Innovation expert Jim Harris returned to the Business Execution Summit in March to provide two keynote presentations. His first outlined the ever-advancing technologies that are impacting our businesses and our lives.  He touched on the current state of artificial intelligence, mobility, automation, robotics, energy and various other mind-blowing advances.

More relevant to most of the BEx attendees was Jim’s second presentation titled, “Thriving in the Future: How To Build A Fast, Nimble Organization”.  Here Jim outlined several strategies that we, as leaders, need to focus on to thrive in these dynamic times. 

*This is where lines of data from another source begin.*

-- ===== src/Tables/Tests.antt =====
-- A table of two functions.
use toywasm.Base.{
  ℕ, ◌<◌, ◌≡◌, ◌≢◌, refl, arith, true, [], ◌∷◌, take, ok, err, etoywasmtrap, ◌==◌, ◌||◌,
}
use toywasm.Types.{Functype, i32, funcref, valtype_cellsize, eq_valtype}
use toywasm.Tables.{
  Tableinst, table_get, table_set, table_grow, table_get_func, val_from_cells, read_cells,
}
use toywasm.Tables.Values.{IsTable, table_get-table_set}
use toywasm.Tables.Grow.{Grows, may_grow, table_grow-Grows}
use toywasm.Tables.Calls.{Calls, table_get_func-Calls}

-- A function at 7 and a null reference.
abbrev two_elements : Tableinst
two_elements = record { et = funcref; max = 4; size = 2; cells = 7 ∷ 0 ∷ 0 ∷ 0 ∷ [] }

two_elements-IsTable : IsTable two_elements
two_elements-IsTable = record { cells = refl; few = omega arith }

abbrev takes_i32 : ℕ → Functype
takes_i32 p = record { parameter = i32 ∷ []; result = [] }

null_trap : table_get_func takes_i32 two_elements 1 (takes_i32 0) ≡ err etoywasmtrap
unfolding table_get_func eq_valtype table_get val_from_cells read_cells
null_trap = refl

table_get-table_set_example :
    (t' : Tableinst) × (table_set 1 (9 ∷ 1 ∷ 0 ∷ 0 ∷ []) two_elements ≡ ok t')
    × IsTable t'
    × (table_get 1 t' ≡ ok (take (valtype_cellsize two_elements.et) (9 ∷ 1 ∷ 0 ∷ 0 ∷ [])))
    × ((j : ℕ) → j ≢ 1 → j < two_elements.size → table_get j t' ≡ table_get j two_elements)
table_get-table_set_example =
    table_get-table_set 1 (9 ∷ 1 ∷ 0 ∷ 0 ∷ []) two_elements two_elements-IsTable refl (omega arith)

table_grow-Grows_example :
    Grows 2
      (9 ∷ 1 ∷ 0 ∷ 0 ∷ [])
      two_elements
      (2 == 0 || may_grow true 2 two_elements)
      (table_grow true (5 ∷ 5 ∷ 5 ∷ 5 ∷ []) (9 ∷ 1 ∷ 0 ∷ 0 ∷ []) 2 two_elements)
table_grow-Grows_example =
    table_grow-Grows true (5 ∷ 5 ∷ 5 ∷ 5 ∷ []) (9 ∷ 1 ∷ 0 ∷ 0 ∷ []) 2 two_elements
      two_elements-IsTable refl refl (λ grows. omega arith)

table_get_func-Calls_example :
    Calls takes_i32 two_elements 0
      (takes_i32 0)
      (table_get_func takes_i32 two_elements 0 (takes_i32 0))
table_get_func-Calls_example =
    table_get_func-Calls takes_i32 two_elements 0 (takes_i32 0) two_elements-IsTable refl
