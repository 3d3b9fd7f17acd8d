-- ===== src/Time.antt =====
-- lib/timeutil.c: times as seconds and nanoseconds. A `time_t` is 64 bits wide and signed, and stands
-- here in two's complement. The functions that read a clock take what `clock_gettime` answers.
mod Arithmetic
mod Convert
mod Tests
use Prim.Native.Nat.{Ordering, compare}
use toywasm.Base.{
  ℕ, ◌+◌, ◌-◌, ◌*◌, ◌/◌, ◌%◌, ◌^◌, Bool, true, false, not, ◌||◌, ◌&&◌, ltb, leb, ◌==◌,
  if◌then◌else◌,
}
use toywasm.Base.{Result, ok, err, fault, eoverflow, ◌>>=◌, ◌>>◌, assert, check, u64}

-- `struct timespec`.
pub record Timespec : Type 0 where
  pub sec : ℕ
  pub nsec : ℕ

abbrev pub giga : ℕ
giga = 1000000000

unfoldable pub assert_normalized : Timespec → Result (Unit {0})
assert_normalized a = do assert (ltb a.sec (2 ^ 63)); assert (ltb a.nsec giga)

-- -1, 0 and 1 are `lt`, `eq` and `gt`.
unfoldable pub timespec_cmp : Timespec → Timespec → Result Ordering
timespec_cmp a b = do
  assert_normalized a
  assert_normalized b
  ok (
      if a.sec == b.sec
      then (if a.nsec == b.nsec
          then Ordering.eq
          else if leb a.nsec b.nsec
          then Ordering.lt
          else Ordering.gt)
      else if ltb a.sec b.sec
      then Ordering.lt
      else Ordering.gt)

abbrev pub is_lt : Ordering → Bool
is_lt Ordering.lt = true
is_lt _ = false

abbrev pub is_gt : Ordering → Bool
is_gt Ordering.gt = true
is_gt _ = false

-- The sum as it stands before the test for overflow: the seconds are added as `uintmax_t`.
unfoldable pub raw_sum : Timespec → Timespec → Timespec
raw_sum a b =
    let carry = leb giga (a.nsec + b.nsec) in
    record {
      sec = u64 (a.sec + b.sec + (if carry then 1 else 0));
      nsec = if carry then a.nsec + b.nsec - giga else a.nsec + b.nsec;
    }

unfoldable pub timespec_add : Timespec → Timespec → Result Timespec
timespec_add a b = do
  assert_normalized a
  assert_normalized b
  let c = raw_sum a b
  check (ltb c.sec (2 ^ 63)) eoverflow
  order ← timespec_cmp c a
  check (not (is_lt order)) eoverflow
  assert_normalized c
  ok c

unfoldable pub timespec_sub : Timespec → Timespec → Result Timespec
timespec_sub a b = do
  assert_normalized a
  assert_normalized b
  order ← timespec_cmp a b
  assert (not (is_lt order))
  let under = ltb a.nsec b.nsec
  let c : Timespec = record {
    sec = a.sec - b.sec - (if under then 1 else 0);
    nsec = if under then giga + a.nsec - b.nsec else a.nsec - b.nsec;
  }
  assert_normalized c
  ok c

unfoldable pub timespec_from_ns : (ns : ℕ) → Result Timespec
timespec_from_ns ns = do
  let sec = ns / giga
  let nsec = ns % giga
  check (u64 (sec * giga + nsec) == ns) eoverflow
  let a : Timespec = record { sec = sec; nsec = nsec }
  assert_normalized a
  ok a

abbrev pub uint64_max : ℕ
uint64_max = 2 ^ 64 - 1

unfoldable pub timespec_to_ms : Timespec → ℕ
timespec_to_ms tv =
    let ms1 = u64 (tv.sec * 1000) in
    let ms2 = tv.nsec / 1000000 in
    if ltb (uint64_max / 1000) tv.sec
    then uint64_max
    else if ltb (uint64_max - ms1) ms2
    then uint64_max
    else u64 (ms1 + ms2)

unfoldable pub abstime_from_reltime_ns : (now : Result Timespec) (reltime_ns : ℕ) → Result Timespec
abstime_from_reltime_ns now reltime_ns = do
  reltime ← timespec_from_ns reltime_ns
  t ← now
  timespec_add t reltime

-- The milliseconds are an `int`: a negative one is a large `uint64_t`, in two's complement.
unfoldable pub abstime_from_reltime_ms : (now : Result Timespec) (reltime_ms : ℕ) → Result Timespec
abstime_from_reltime_ms now reltime_ms = abstime_from_reltime_ns now (u64 (reltime_ms * 1000000))

abbrev pub int_max : ℕ
int_max = 2 ^ 31 - 1

-- The part from a span of time to whole milliseconds.
unfoldable pub ms_roundup : Timespec → Result ℕ
ms_roundup reltime = do
  check (leb reltime.sec (int_max / 1000)) eoverflow
  let msec = reltime.sec * 1000
  let msec2 = (reltime.nsec + 999999) / 1000000
  check (leb msec2 (int_max - msec)) eoverflow
  ok (msec + msec2)

unfoldable pub abstime_to_reltime_ms_roundup :
    (now : Result Timespec) (abstime : Timespec) → Result ℕ
abstime_to_reltime_ms_roundup now abstime = do
  t ← now
  order ← timespec_cmp abstime t
  let later : Result ℕ = do reltime ← timespec_sub abstime t; ms_roundup reltime
  if is_lt order then ok 0 else later

unfoldable pub convert_timespec :
    (from_clock to_clock : Result Timespec) (from_ts : Timespec) → Result Timespec
convert_timespec from_clock to_clock from_ts = do
  from_now ← from_clock
  to_now ← to_clock
  order ← timespec_cmp from_ts from_now
  let ahead : Result Timespec = do t ← timespec_sub from_ts from_now; timespec_add t to_now
  let behind : Result Timespec = do
    t ← timespec_sub from_now from_ts
    before ← timespec_cmp to_now t
    check (not (is_gt before)) eoverflow
    timespec_sub to_now t
  if is_lt order then behind else ahead
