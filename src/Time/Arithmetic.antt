-- ===== src/Time/Arithmetic.antt =====
-- lib/timeutil.c: the arithmetic of times and their nanoseconds.
use Prim.Native.Nat.{compare}
use toywasm.Base.{ℕ, ◌+◌, ◌-◌, ◌*◌, ◌/◌, ◌%◌, ◌^◌, ◌≤◌, ◌<◌, ◌≡◌, arith, Bool, true, false, ltb}
use toywasm.Base.{if◌then◌else◌, Result, ok, err, eoverflow, inl, inr, lt_or_le, min}
use toywasm.Time.{
  Timespec, giga, assert_normalized, timespec_cmp, raw_sum, timespec_add, timespec_sub,
}
use toywasm.Time.{timespec_from_ns, timespec_to_ms, uint64_max}

-- What `assert_normalized` asserts.
pub record IsNormalized (t : Timespec) : Type 0 where
  pub sec : t.sec < 2 ^ 63
  pub nsec : t.nsec < 1000000000

abbrev pub nanos : Timespec → ℕ
nanos t = t.sec * 1000000000 + t.nsec

pub assert_normalized-ok : (t : Timespec) → IsNormalized t → assert_normalized t ≡ ok tt
unfolding assert_normalized
assert_normalized-ok t h = ground (arith, h.sec, h.nsec)

-- The order of two normalized times is that of their nanoseconds.
pub timespec_cmp-compare :
    (a b : Timespec)
    → IsNormalized a
    → IsNormalized b
    → timespec_cmp a b ≡ ok (compare (nanos a) (nanos b))
unfolding timespec_cmp
timespec_cmp-compare a b ha hb =
    rw (assert_normalized-ok a ha, assert_normalized-ok b hb) (ground (arith, ha.nsec, hb.nsec))

-- The time `c` of `n` nanoseconds.
abbrev pub IsTime : (n : ℕ) (r : Result Timespec) → Type 0
IsTime n r = (c : Timespec) × (r ≡ ok c) × IsNormalized c × (nanos c ≡ n)

abbrev pub IsTimeOrOverflow : (n : ℕ) (r : Result Timespec) (fits : Bool) → Type 0
IsTimeOrOverflow n r false = r ≡ err eoverflow
IsTimeOrOverflow n r true = IsTime n r

raw_sum-nanos :
    (a b : Timespec)
    → IsNormalized a
    → IsNormalized b
    → ((raw_sum a b).nsec < 1000000000) × (nanos (raw_sum a b) ≡ nanos a + nanos b)
unfolding raw_sum
raw_sum-nanos a b ha hb =
    (ground (arith, ha.nsec, hb.nsec), ground (arith, ha.sec, hb.sec, ha.nsec, hb.nsec))

add_fits :
    (a b : Timespec)
    → IsNormalized a
    → IsNormalized b
    → (raw_sum a b).sec < 2 ^ 63
    → timespec_add a b ≡ ok (raw_sum a b)
unfolding timespec_add
add_fits a b ha hb fits =
    let (nsec, sum) = raw_sum-nanos a b ha hb in
    let c : IsNormalized (raw_sum a b) = record { sec = fits; nsec = nsec } in
    rw (assert_normalized-ok a ha, assert_normalized-ok b hb, assert_normalized-ok (raw_sum a b) c)
      (rw (timespec_cmp-compare (raw_sum a b) a c ha) (ground (arith, sum, fits)))

add_overflows :
    (a b : Timespec)
    → IsNormalized a
    → IsNormalized b
    → 2 ^ 63 ≤ (raw_sum a b).sec
    → timespec_add a b ≡ err eoverflow
unfolding timespec_add
add_overflows a b ha hb over =
    rw (assert_normalized-ok a ha, assert_normalized-ok b hb) (ground (arith, over))

-- The sum of two normalized times has the sum of their nanoseconds; the result is EOVERFLOW exactly if
-- its seconds do not fit in 63 bits. No assertion fails.
pub timespec_add-IsTimeOrOverflow :
    (a b : Timespec)
    → IsNormalized a
    → IsNormalized b
    → IsTimeOrOverflow
        (nanos a + nanos b)
        (timespec_add a b)
        (ltb (nanos a + nanos b) (2 ^ 63 * 1000000000))
timespec_add-IsTimeOrOverflow a b ha hb =
    let (nsec, sum) = raw_sum-nanos a b ha hb in
    elim (lt_or_le (raw_sum a b).sec (2 ^ 63)) [
      | inl fits ↦
          rw (in_range sum nsec fits)
            (raw_sum a b, add_fits a b ha hb fits, record { sec = fits; nsec = nsec }, sum)
      | inr over ↦ rw (past sum nsec over) (add_overflows a b ha hb over)
    ]
  where
    in_range :
        nanos (raw_sum a b) ≡ nanos a + nanos b
        → (raw_sum a b).nsec < 1000000000
        → (raw_sum a b).sec < 2 ^ 63
        → ltb (nanos a + nanos b) (2 ^ 63 * 1000000000) ≡ true
    in_range sum nsec fits = ground arith

    past :
        nanos (raw_sum a b) ≡ nanos a + nanos b
        → (raw_sum a b).nsec < 1000000000
        → 2 ^ 63 ≤ (raw_sum a b).sec
        → ltb (nanos a + nanos b) (2 ^ 63 * 1000000000) ≡ false
    past sum nsec over = ground arith

-- The difference of two normalized times, the first not before the second, has the difference of
-- their nanoseconds, and no assertion fails.
pub timespec_sub-IsTime :
    (a b : Timespec)
    → IsNormalized a
    → IsNormalized b
    → nanos b ≤ nanos a
    → IsTime (nanos a - nanos b) (timespec_sub a b)
unfolding timespec_sub assert_normalized
timespec_sub-IsTime a b ha hb le =
    let under = ltb a.nsec b.nsec in
    let c : Timespec = record {
      sec = a.sec - b.sec - (if under then 1 else 0);
      nsec = if under then giga + a.nsec - b.nsec else a.nsec - b.nsec;
    } in
    (
      c,
      rw (timespec_cmp-compare a b ha hb) (ground (arith, ha.sec, hb.sec, ha.nsec, hb.nsec, le)),
      record {
        sec = ground (arith, ha.sec, hb.sec, ha.nsec, hb.nsec, le);
        nsec = ground (arith, ha.nsec, hb.nsec, le);
      },
      ground (arith, ha.sec, hb.sec, ha.nsec, hb.nsec, le),
    )

-- Any 64-bit number of nanoseconds is a normalized time.
pub timespec_from_ns-IsTime : (ns : ℕ) → ns < 2 ^ 64 → IsTime ns (timespec_from_ns ns)
unfolding timespec_from_ns assert_normalized
timespec_from_ns-IsTime ns h = (
  record { sec = ns / giga; nsec = ns % giga },
  ground arith,
  record { sec = omega arith; nsec = omega arith },
  omega arith,
)

-- The milliseconds of a normalized time, rounded down; what does not fit in 64 bits is the largest
-- number.
pub timespec_to_ms-eq :
    (t : Timespec) → IsNormalized t → timespec_to_ms t ≡ min (nanos t / 1000000) uint64_max
unfolding timespec_to_ms
timespec_to_ms-eq t h = ground (arith, h.sec, h.nsec)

Top 5 Strategies to Thrive in Dynamic Times 

  1. Organizations, especially large ones, have built-in immunity systems to innovation.  There are various reasons for this including people’s discomfort with uncertainty, existing products and services, critics (“that will never work”), traditional economic and financial methods (ROI thinking), fear, and a host of other factors.  Leaders must firstly recognize these conditions exist before considering any attempts to create a more innovative culture. 
     
    Sometimes extreme steps need to be taken to isolate the incubation of new ideas from the rest of the organization.  As one of the BEx panelists from 2018 described, it is often necessary to create separate organizations and leadership teams to fully realize the potential of innovation (Vince Danielsen, Wello.ca).
     
  2. We tend to think of innovation as invention of a new product or service, but there is opportunity to innovate in various other ways.  One example is a process innovation which automates orders from customers when inventory drops below a certain threshold.  Another may be a business model change by shifting to use global freelance resources to get work done instead of hiring employees (using the ‘gig economy’).  Process and business model changes can be just as valuable as product or service innovations.
     
  3. Technology can certainly enable higher productivity.  But even without technology, employees still feel they have more to give.  By focusing on improvements in employee engagement, fit-to-roles, accountability, training, and providing team members with the tools, resources and information to do their job better, leaders can release the potential of the human capital they already have.
     
  4. Celebrating failure is another way to move an organization to innovation.  Often as leaders we criticize or even punish failure, but innovative teams recognize the value of trying new things and experimentation.  Leaders need to be more than just tolerant of experiments but need to encourage and fund them.
     
  5. Finally, nimble organizations trump those that try to predict the future.  With the level of change happening today, even the most skilled forecasters will be wrong most of the time.  Winning organizations must build a strong competency around learning and change and recognize that what made a firm successful in the past will likely not make it successful in the future.  All employees need to be ambitious learners and be willing to accept new challenges and changing roles.  

The organizational changes described here don’t happen overnight.  Leaders must be prepared to confront the reality of their situation, establish a vision, and personify the characteristics they want to see in their organizations.

What changes are you making to become a more nimble, innovative organization?